===== Records for the task
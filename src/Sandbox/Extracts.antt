-- ===== src/Sandbox/Extracts.antt =====
-- vgseer/vgseer.c: `process_sandbox` takes the text between the marks.
use mathlib.Core.Path.{subst}
use mathlib.Core.List.{append_assoc}
use viewglob.Base.{
  ℕ, ◌+◌, ◌≡◌, sym, ap, ◌∙◌, inl, inr, Bool, true, List, [], ◌∷◌, ◌++◌, Option, none, some, Bytes,
  length, take, drop, arith, if◌then◌else◌, lacks, length-append, take-append_all,
}
use viewglob.HardenedIo.{gathered}
use viewglob.Libs.{Libs, LibsLaws}
use viewglob.ParamIo.{p_vgexpand_data}
use viewglob.Orders.{Teller, Wire, put_param_wrapped}
use viewglob.Sandbox.{
  Chunk, chunk, chunk_end, chunk_failed, Processed, still_waits, processed, process_fails,
  queue_exit, after_put, send_off, find_end, find_start, process_sandbox,
}
use viewglob.Sandbox.Pieces.{
  chunks, first_part, lacks-OccursAt, lacks_left, lacks_right, lacks-c_string, drop_mark,
}

module _ (libs : Libs) (laws : LibsLaws libs)
    (absent : (m : ℕ) (p : Bytes) → lacks m p ≡ true → libs.strstr_len p (length p) (m ∷ []) ≡ none)
    (w : Wire) where
  mark_found :
      (m : ℕ) (l p : Bytes)
      → lacks 0 l ≡ true
      → lacks m l ≡ true
      → libs.strstr_len (l ++ (m ∷ p)) (length (l ++ (m ∷ p))) (m ∷ []) ≡ some (length l)
  mark_found m l p z h =
      laws.strstr_len_first l (m ∷ []) p (length (l ++ (m ∷ p))) (lacks-c_string l z)
        (omega (arith, length-append l (m ∷ p))) (λ i k. lacks-OccursAt m l (m ∷ []) i h k)

  find_end-found :
      (expanded start : Bytes) (rest : List Chunk) (t : Teller) (n : ℕ)
      → libs.strstr_len start (length start) (3 ∷ []) ≡ some n
      → find_end libs w expanded start rest t ≡ send_off libs w (expanded ++ take n start) rest t
  unfolding find_end
  find_end-found expanded start [] t n e =
      ap
        (λ (o : Option ℕ). elim o as (λ p. Processed) [
          | some end ↦ send_off libs w (expanded ++ take end start) [] t
          | none ↦ still_waits
        ])
        e
  find_end-found expanded start (chunk buf ∷ rest) t n e =
      ap
        (λ (o : Option ℕ). elim o as (λ p. Processed) [
          | some end ↦ send_off libs w (expanded ++ take end start) (chunk buf ∷ rest) t
          | none ↦ find_end libs w (expanded ++ start) buf rest t
        ])
        e
  find_end-found expanded start (chunk_end ∷ rest) t n e =
      ap
        (λ (o : Option ℕ). elim o as (λ p. Processed) [
          | some end ↦ send_off libs w (expanded ++ take end start) (chunk_end ∷ rest) t
          | none ↦ processed (queue_exit t) rest
        ])
        e
  find_end-found expanded start (chunk_failed ∷ rest) t n e =
      ap
        (λ (o : Option ℕ). elim o as (λ p. Processed) [
          | some end ↦ send_off libs w (expanded ++ take end start) (chunk_failed ∷ rest) t
          | none ↦ process_fails
        ])
        e

  mark_here :
      (rest : List Chunk) (expanded start text p : Bytes) (t : Teller)
      → lacks 0 text ≡ true
      → lacks 3 text ≡ true
      → start ≡ text ++ (3 ∷ p)
      → find_end libs w expanded start rest t ≡ send_off libs w (expanded ++ text) rest t
  mark_here rest expanded start text p t z h e =
      find_end-found expanded start rest t (length text) (
        subst (λ s. libs.strstr_len s (length s) (3 ∷ []) ≡ some (length text)) (sym e)
          (mark_found 3 text p z h))
      ∙ ap (λ s. send_off libs w (expanded ++ s) rest t)
          (ap (take (length text)) e ∙ take-append_all text (3 ∷ p))

  -- What is between is sent off, with what was gathered before.
  find_end-text :
      (cs : List Bytes) (more : List Chunk) (expanded start text post : Bytes) (t : Teller)
      → lacks 0 text ≡ true
      → lacks 3 text ≡ true
      → start ++ gathered cs ≡ text ++ (3 ∷ post)
      → (rest : List Chunk) × (find_end libs w expanded start (chunks cs more) t
          ≡ send_off libs w (expanded ++ text) rest t)
  unfolding find_end
  find_end-text [] more expanded start text post t z h e =
      elim (first_part 3 start [] text post e) [
        | inl (p, f, g) ↦ (more, mark_here more expanded start text p t z h f)
        | inr (x, f, g) ↦
            absurd (omega (arith, ap (λ (s : Bytes). length s) g, length-append x (3 ∷ post)))
      ]
  find_end-text (c ∷ cs) more expanded start text post t z h e =
      elim (first_part 3 start (c ++ gathered cs) text post e) [
        | inl (p, f, g) ↦
            (chunks (c ∷ cs) more, mark_here (chunks (c ∷ cs) more) expanded start text p t z h f)
        | inr (x, f, g) ↦
            let z' : lacks 0 (start ++ x) ≡ true = ap (lacks 0) (sym f) ∙ z in
            let h' : lacks 3 (start ++ x) ≡ true = ap (lacks 3) (sym f) ∙ h in
            let (rest, r) =
              find_end-text cs more (expanded ++ start) c x post t (lacks_right 0 start x z')
                (lacks_right 3 start x h') g in
            (
              rest,
              ap
                    (λ (o : Option ℕ). elim o as (λ p. Processed) [
                      | some end ↦
                          send_off libs w (expanded ++ take end start) (chunk c ∷ chunks cs more) t
                      | none ↦ find_end libs w (expanded ++ start) c (chunks cs more) t
                    ])
                    (absent 3 start (lacks_left 3 start x h'))
                  ∙ r
                  ∙ ap (λ s. send_off libs w s rest t)
                      (append_assoc expanded start x ∙ ap (λ s. expanded ++ s) (sym f)),
            )
      ]

  find_start-found :
      (buf : Bytes) (rest : List Chunk) (t : Teller) (n : ℕ)
      → libs.strstr_len buf (length buf) (2 ∷ []) ≡ some n
      → find_start libs w buf rest t ≡ find_end libs w [] (drop (n + 1) buf) rest t
  unfolding find_start
  find_start-found buf [] t n e =
      ap
        (λ (o : Option ℕ). elim o as (λ p. Processed) [
          | some start ↦ find_end libs w [] (drop (start + 1) buf) [] t
          | none ↦ still_waits
        ])
        e
  find_start-found buf (chunk next ∷ rest) t n e =
      ap
        (λ (o : Option ℕ). elim o as (λ p. Processed) [
          | some start ↦ find_end libs w [] (drop (start + 1) buf) (chunk next ∷ rest) t
          | none ↦ find_start libs w next rest t
        ])
        e
  find_start-found buf (chunk_end ∷ rest) t n e =
      ap
        (λ (o : Option ℕ). elim o as (λ p. Processed) [
          | some start ↦ find_end libs w [] (drop (start + 1) buf) (chunk_end ∷ rest) t
          | none ↦ processed (queue_exit t) rest
        ])
        e
  find_start-found buf (chunk_failed ∷ rest) t n e =
      ap
        (λ (o : Option ℕ). elim o as (λ p. Processed) [
          | some start ↦ find_end libs w [] (drop (start + 1) buf) (chunk_failed ∷ rest) t
          | none ↦ process_fails
        ])
        e

  mark_there :
      (cs : List Bytes) (more : List Chunk) (buf before p text post : Bytes) (t : Teller)
      → lacks 0 before ≡ true
      → lacks 2 before ≡ true
      → lacks 0 text ≡ true
      → lacks 3 text ≡ true
      → buf ≡ before ++ (2 ∷ p)
      → p ++ gathered cs ≡ text ++ (3 ∷ post)
      → (rest : List Chunk) × (find_start libs w buf (chunks cs more) t
          ≡ send_off libs w text rest t)
  mark_there cs more buf before p text post t y k z h e g =
      let (rest, r) = find_end-text cs more [] p text post t z h g in
      (
        rest,
        find_start-found buf (chunks cs more) t (length before) (
              subst (λ s. libs.strstr_len s (length s) (2 ∷ []) ≡ some (length before)) (sym e)
                (mark_found 2 before p y k))
            ∙ ap (λ s. find_end libs w [] s (chunks cs more) t)
                (ap (drop (length before + 1)) e ∙ drop_mark before p 2)
            ∙ r,
      )

  find_start-text :
      (cs : List Bytes) (more : List Chunk) (buf before text post : Bytes) (t : Teller)
      → lacks 0 before ≡ true
      → lacks 2 before ≡ true
      → lacks 0 text ≡ true
      → lacks 3 text ≡ true
      → buf ++ gathered cs ≡ before ++ (2 ∷ (text ++ (3 ∷ post)))
      → (rest : List Chunk) × (find_start libs w buf (chunks cs more) t
          ≡ send_off libs w text rest t)
  unfolding find_start
  find_start-text [] more buf before text post t y k z h e =
      elim (first_part 2 buf [] before (text ++ (3 ∷ post)) e) [
        | inl (p, f, g) ↦ mark_there [] more buf before p text post t y k z h f g
        | inr (x, f, g) ↦ absurd (
            omega
              (arith, ap (λ (s : Bytes). length s) g, length-append x (2 ∷ (text ++ (3 ∷ post)))))
      ]
  find_start-text (c ∷ cs) more buf before text post t y k z h e =
      elim (first_part 2 buf (c ++ gathered cs) before (text ++ (3 ∷ post)) e) [
        | inl (p, f, g) ↦ mark_there (c ∷ cs) more buf before p text post t y k z h f g
        | inr (x, f, g) ↦
            let y' : lacks 0 (buf ++ x) ≡ true = ap (lacks 0) (sym f) ∙ y in
            let k' : lacks 2 (buf ++ x) ≡ true = ap (lacks 2) (sym f) ∙ k in
            let (rest, r) =
              find_start-text cs more c x text post t (lacks_right 0 buf x y')
                (lacks_right 2 buf x k') z h g in
            (
              rest,
              ap
                    (λ (o : Option ℕ). elim o as (λ p. Processed) [
                      | some start ↦
                          find_end libs w [] (drop (start + 1) buf) (chunk c ∷ chunks cs more) t
                      | none ↦ find_start libs w c (chunks cs more) t
                    ])
                    (absent 2 buf (lacks_left 2 buf x k'))
                  ∙ r,
            )
      ]

  -- However the bytes of the sandbox shell are cut into readings, while an expansion is awaited the text
  -- between the first \002 and the next \003 is sent to vgd as the data of vgexpand, whole and nothing
  -- else, and no expansion is awaited any longer; or, where the message cannot be sent, the program
  -- exits. The bytes up to the \003 hold no NUL. Of `g_strstr_len` it is used that it finds the first
  -- occurrence of a byte, and none in bytes without it.
  pub process_sandbox-text :
      (c : Bytes) (cs : List Bytes) (more : List Chunk) (before text post : Bytes) (t : Teller)
      → t.vgexpand_called ≡ true
      → lacks 0 before ≡ true
      → lacks 2 before ≡ true
      → lacks 0 text ≡ true
      → lacks 3 text ≡ true
      → c ++ gathered cs ≡ before ++ (2 ∷ (text ++ (3 ∷ post)))
      → (rest : List Chunk) × (process_sandbox libs w (chunks (c ∷ cs) more) t
          ≡ after_put rest (put_param_wrapped w (some (p_vgexpand_data, text)) t))
  unfolding process_sandbox
  process_sandbox-text c cs more before text post t called y k z h e =
      let (rest, r) = find_start-text cs more c before text post t y k z h e in
      (
        rest,
        ap
              (λ (b : Bool).
                if b then find_start libs w c (chunks cs more) t else processed t (chunks cs more))
              called
            ∙ r
            ∙ ap (λ s. after_put rest (put_param_wrapped w (some (p_vgexpand_data, s)) t))
                (lacks-c_string text z),
      )
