-- ===== src/Sanitize/Output.antt =====
-- vgseer/sanitize.c: what holds of the sanitized text, whatever the command line is.
use viewglob.Base.{
  ℕ, zero, suc, ◌+◌, ◌-◌, ◌*◌, ◌≤◌, ◌≡◌, refl, ◌∙◌, Bool, true, false, not, ◌&&◌, ◌||◌, List, [],
  ◌∷◌, ◌++◌, Bytes, arith, ◌==◌, ltb, length, take, if◌then◌else◌, if-cases, length-append,
  length-take, Bool-cases, inl, inr,
}
use viewglob.Sanitize.{
  QuoteType, qt_single, qt_double, qt_extglob_paren, SaneCmd, empty_cmd, Next, go_on, stop,
  add_char, backspace, delete_rounds, single_quote, double_quote, backslash, dollar, exclamation,
  blank, open_paren, close_paren, backtick, finisher, redirection, switch, skip_or_switch,
  sanitize_char, sanitize_loop, closing, close_quotes, no_trailing_backslash, sanitize,
}

abbrev pub is_inline : ℕ → Bool
is_inline c = not (c == b'\n') && not (c == b'\r')

-- No byte ends a line.
abbrev pub all_inline : Bytes → Bool
all_inline [] = true
all_inline (c ∷ cs) = is_inline c && all_inline cs

all_inline-concat : (s : Bytes) (c : ℕ) → all_inline (s ++ c ∷ []) ≡ (all_inline s && is_inline c)
all_inline-concat [] c = ground arith
all_inline-concat (x ∷ s) c = ground (arith, all_inline-concat s c)

all_inline-take : (n : ℕ) (s : Bytes) → all_inline s ≡ true → all_inline (take n s) ≡ true
all_inline-take zero s h = refl
all_inline-take (suc n) [] h = refl
all_inline-take (suc n) (x ∷ s) h = ground (arith, all_inline-take n s)

-- The text so far ends no line, and with its open quotes it is at most so long.
pub record Within (n : ℕ) (s : SaneCmd) : Type 0 where
  pub inline : all_inline s.command ≡ true
  pub long : length s.command + length s.ql ≤ n

abbrev NextWithin : ℕ → Next → Type 0
NextWithin n (go_on t) = Within n t
NextWithin n (stop t) = Within n t

backspace-Within : (n : ℕ) (s : SaneCmd) → Within n s → Within n (backspace s)
unfolding backspace
backspace-Within n s w = elim (Bool-cases (ltb 0 (length s.command))) [
  | inl y ↦ rw y (record {
    inline = all_inline-take (length s.command - 1) s.command w.inline;
    long = omega (arith, w.long, length-take (length s.command - 1) s.command);
  })
  | inr y ↦ rw y w
]

delete_rounds-Within : (k n : ℕ) (s : SaneCmd) → Within n s → Within n (delete_rounds k s)
unfolding delete_rounds
delete_rounds-Within zero n s w = w
delete_rounds-Within (suc k) n s w =
    if-cases (Within n) _ (λ _. delete_rounds-Within k n (backspace s) (backspace-Within n s w))
      (λ _. w)

module _ (n c : ℕ) (s : SaneCmd) (p : is_inline c ≡ true) (w : Within n s) where
  more : length (s.command ++ c ∷ []) ≡ length s.command + 1
  more = length-append s.command (c ∷ [])

  added : all_inline (s.command ++ c ∷ []) ≡ true
  added = all_inline-concat s.command c ∙ ground arith

  single_quote-Within : NextWithin (n + 2) (single_quote c s)
  unfolding single_quote
  single_quote-Within = ground (arith, more, added)

  double_quote-Within : NextWithin (n + 2) (double_quote c s)
  unfolding double_quote
  double_quote-Within = ground (arith, more, added)

  backslash-Within : NextWithin (n + 2) (backslash c s)
  unfolding backslash
  backslash-Within = ground (arith, more, added)

  dollar-Within : NextWithin (n + 2) (dollar c s)
  unfolding dollar
  dollar-Within = ground (arith, more, added)

  exclamation-Within : NextWithin (n + 2) (exclamation c s)
  unfolding exclamation
  exclamation-Within = ground (arith, more, added)

  blank-Within : NextWithin (n + 2) (blank c s)
  unfolding blank
  blank-Within = ground (arith, more, added)

  close_paren-Within : NextWithin (n + 2) (close_paren c s)
  unfolding close_paren
  close_paren-Within = ground (arith, more, added)

  backtick-Within : NextWithin (n + 2) (backtick c s)
  unfolding backtick
  backtick-Within = ground (arith, more, added)

  finisher-Within : NextWithin (n + 2) (finisher c s)
  unfolding finisher
  finisher-Within = ground (arith, more, added)

  open_paren-Within : NextWithin (n + 2) (open_paren c s)
  unfolding open_paren
  open_paren-Within = ground (arith, more, added, backspace-Within n s w)

  redirection-Within : NextWithin (n + 2) (redirection c s)
  unfolding redirection
  redirection-Within = ground (arith, more, added, delete_rounds-Within (length s.command) n s w)

  plain-Within : NextWithin (n + 2) (go_on (add_char c (record s { last_char_backslash = false })))
  plain-Within = record { inline = added; long = omega (arith, more, w.long) }

weaker : (n : ℕ) (s : SaneCmd) → Within n s → Within (n + 2) s
weaker n s w = record { inline = w.inline; long = omega (arith, w.long) }

switch-Within : (n c : ℕ) (s : SaneCmd) → Within n s → NextWithin (n + 2) (switch c s)
unfolding switch
switch-Within n c s w =
    let P : Next → Type 0 = NextWithin (n + 2) in
    if-cases P (c == 0o47) (λ e. single_quote-Within n c s (ground arith) w)
      λ _.
        if-cases P (c == b'"') (λ e. double_quote-Within n c s (ground arith) w)
          λ _.
            if-cases P (c == b'\\') (λ e. backslash-Within n c s (ground arith) w)
              λ _.
                if-cases P (c == b'$') (λ e. dollar-Within n c s (ground arith) w)
                  λ _.
                    if-cases P (c == b'!') (λ e. exclamation-Within n c s (ground arith) w)
                      λ _.
                        if-cases P (c == b' ' || c == b'\t')
                          (λ e. blank-Within n c s (ground arith) w)
                          λ _.
                            if-cases P (c == b'(') (λ e. open_paren-Within n c s (ground arith) w)
                              λ _.
                                if-cases P (c == b')')
                                  (λ e. close_paren-Within n c s (ground arith) w)
                                  λ _.
                                    if-cases P (c == b'`')
                                      (λ e. backtick-Within n c s (ground arith) w)
                                      λ _.
                                        if-cases P (c == b';' || c == b'&' || c == b'|')
                                          (λ e. finisher-Within n c s (ground arith) w)
                                          λ _.
                                            if-cases P (c == b'\r' || c == b'\n')
                                              (λ e. weaker n s w)
                                              λ breaks.
                                                if-cases P (c == b'>' || c == b'<')
                                                  (λ e. redirection-Within n c s (ground arith) w)
                                                  λ _. plain-Within n c s (ground arith) w

skip_or_switch-Within :
    (n c : ℕ) (s : SaneCmd) → Within n s → NextWithin (n + 2) (skip_or_switch c s)
unfolding skip_or_switch
skip_or_switch-Within n c s w =
    if-cases (NextWithin (n + 2)) s.skip_word
      (λ _.
        if-cases (NextWithin (n + 2)) (c == b' ' || c == b'\t')
          (λ _.
            switch-Within n c (record s { skip_word = false })
              (record { inline = w.inline; long = w.long }))
          (λ _. weaker n s w))
      (λ _. switch-Within n c s w)

undollared :
    (n : ℕ) (s : SaneCmd)
    → Within n s
    → Within (n + 2) (record (backspace s) { last_char_dollar = false })
undollared n s w =
    let b = weaker n (backspace s) (backspace-Within n s w) in
    record { inline = b.inline; long = b.long }

sanitize_char-Within : (n c : ℕ) (s : SaneCmd) → Within n s → NextWithin (n + 2) (sanitize_char c s)
unfolding sanitize_char
sanitize_char-Within n c s w =
    if-cases (NextWithin (n + 2)) s.last_char_exclamation
      (λ _.
        if-cases (NextWithin (n + 2))
          (not (c == b'(') && not (c == b' ') && not (c == b'\t') && not (c == b'\n'))
          (λ _. weaker n _ (
            backspace-Within n (record s { skip_word = true; last_char_exclamation = false })
              (record { inline = w.inline; long = w.long })))
          (λ _. skip_or_switch-Within n c s w))
      λ _.
        if-cases (NextWithin (n + 2)) s.last_char_dollar
          (λ _.
            if-cases (NextWithin (n + 2)) (not (c == b' ') && not (c == b'\t') && not (c == b'\n'))
              (λ _. undollared n s w)
              (λ _.
                skip_or_switch-Within n c (record s { last_char_dollar = false })
                  (record { inline = w.inline; long = w.long })))
          (λ _. skip_or_switch-Within n c s w)

sanitize_loop-Within :
    (cs : Bytes) (n : ℕ) (s : SaneCmd)
    → Within n s
    → Within (n + 2 * length cs) (sanitize_loop cs s)
unfolding sanitize_loop
sanitize_loop-Within [] n s w = record { inline = w.inline; long = omega (arith, w.long) }
sanitize_loop-Within (c ∷ cs) n s w =
    after (sanitize_char c s) (sanitize_char-Within n c s w)
      (λ t v. sanitize_loop-Within cs (n + 2) t v)
  where
    after :
        (x : Next)
        → NextWithin (n + 2) x
        → ((t : SaneCmd) → Within (n + 2) t → Within (n + 2 + 2 * length cs) (sanitize_loop cs t))
        → Within (n + 2 * length (c ∷ cs)) (elim x [ go_on t ↦ sanitize_loop cs t | stop t ↦ t ])
    after (go_on t) v ih =
        let r = ih t v in record { inline = r.inline; long = omega (arith, r.long) }
    after (stop t) v ih = record { inline = v.inline; long = omega (arith, v.long) }

closing_inline : (qt : QuoteType) → is_inline (closing qt) ≡ true
closing_inline qt_single = refl
closing_inline qt_double = refl
closing_inline qt_extglob_paren = refl

-- Behind the loop only the text and the quotes that are still to be closed count.
abbrev Closes : ℕ → List QuoteType → SaneCmd → Type 0
Closes n qs s = (all_inline s.command ≡ true) × (length s.command + length qs ≤ n)

unexclaimed :
    (n : ℕ) (qs : List QuoteType) (s : SaneCmd) → Closes n qs s → Closes n qs (backspace s)
unfolding backspace
unexclaimed n qs s (i, l) = elim (Bool-cases (ltb 0 (length s.command))) [
  | inl y ↦ rw y (
    all_inline-take (length s.command - 1) s.command i,
    omega (arith, l, length-take (length s.command - 1) s.command),
  )
  | inr y ↦ rw y (i, l)
]

close_quotes-Closes :
    (qs : List QuoteType) (n : ℕ) (s : SaneCmd)
    → Closes n qs s
    → (all_inline (close_quotes qs s).command ≡ true) × (length (close_quotes qs s).command ≤ n)
unfolding close_quotes
close_quotes-Closes [] n s w = (w.0, omega (arith, w.1))
close_quotes-Closes (qt ∷ qs) n s w = close_quotes-Closes qs n _ (
    closed qt qs n
      (if s.last_char_exclamation
        then record (backspace s) { last_char_exclamation = false }
        else s)
      (if-cases (Closes n (qt ∷ qs)) s.last_char_exclamation (λ _. unexclaimed n (qt ∷ qs) s w)
        (λ _. w)))
  where
    closed :
        (qt : QuoteType) (qs : List QuoteType) (n : ℕ) (t : SaneCmd)
        → Closes n (qt ∷ qs) t
        → Closes n qs (add_char (closing qt) t)
    closed qt qs n t (i, l) = (
      all_inline-concat t.command (closing qt) ∙ ground (arith, closing_inline qt),
      omega (arith, length-append t.command (closing qt ∷ [])),
    )

-- Whatever the command line is, the sanitized text holds no newline and no carriage return, so that
-- the sandbox shell reads it as one line, and it is at most twice as long.
pub sanitize_inline :
    (string : Bytes)
    → (all_inline (sanitize string) ≡ true) × (length (sanitize string) ≤ 2 * length string)
unfolding sanitize
sanitize_inline string =
    let w =
      sanitize_loop-Within string 0 empty_cmd (record { inline = refl; long = omega arith }) in
    let s = sanitize_loop string empty_cmd in
    let t = no_trailing_backslash s in
    let open_quotes : Within (2 * length string) s = record {
      inline = w.inline;
      long = omega (arith, w.long);
    } in
    let b = backspace-Within (2 * length string) s open_quotes in
    close_quotes-Closes t.ql (2 * length string) t (
      if-cases (λ (x : SaneCmd). Closes (2 * length string) x.ql x) s.last_char_backslash
        (λ _. (b.inline, b.long)) (λ _. (open_quotes.inline, open_quotes.long)))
==========
What you are asked to do:
Tally the lines in the listing that contain the string "Core", then report that tally alone.

Response to this task:
2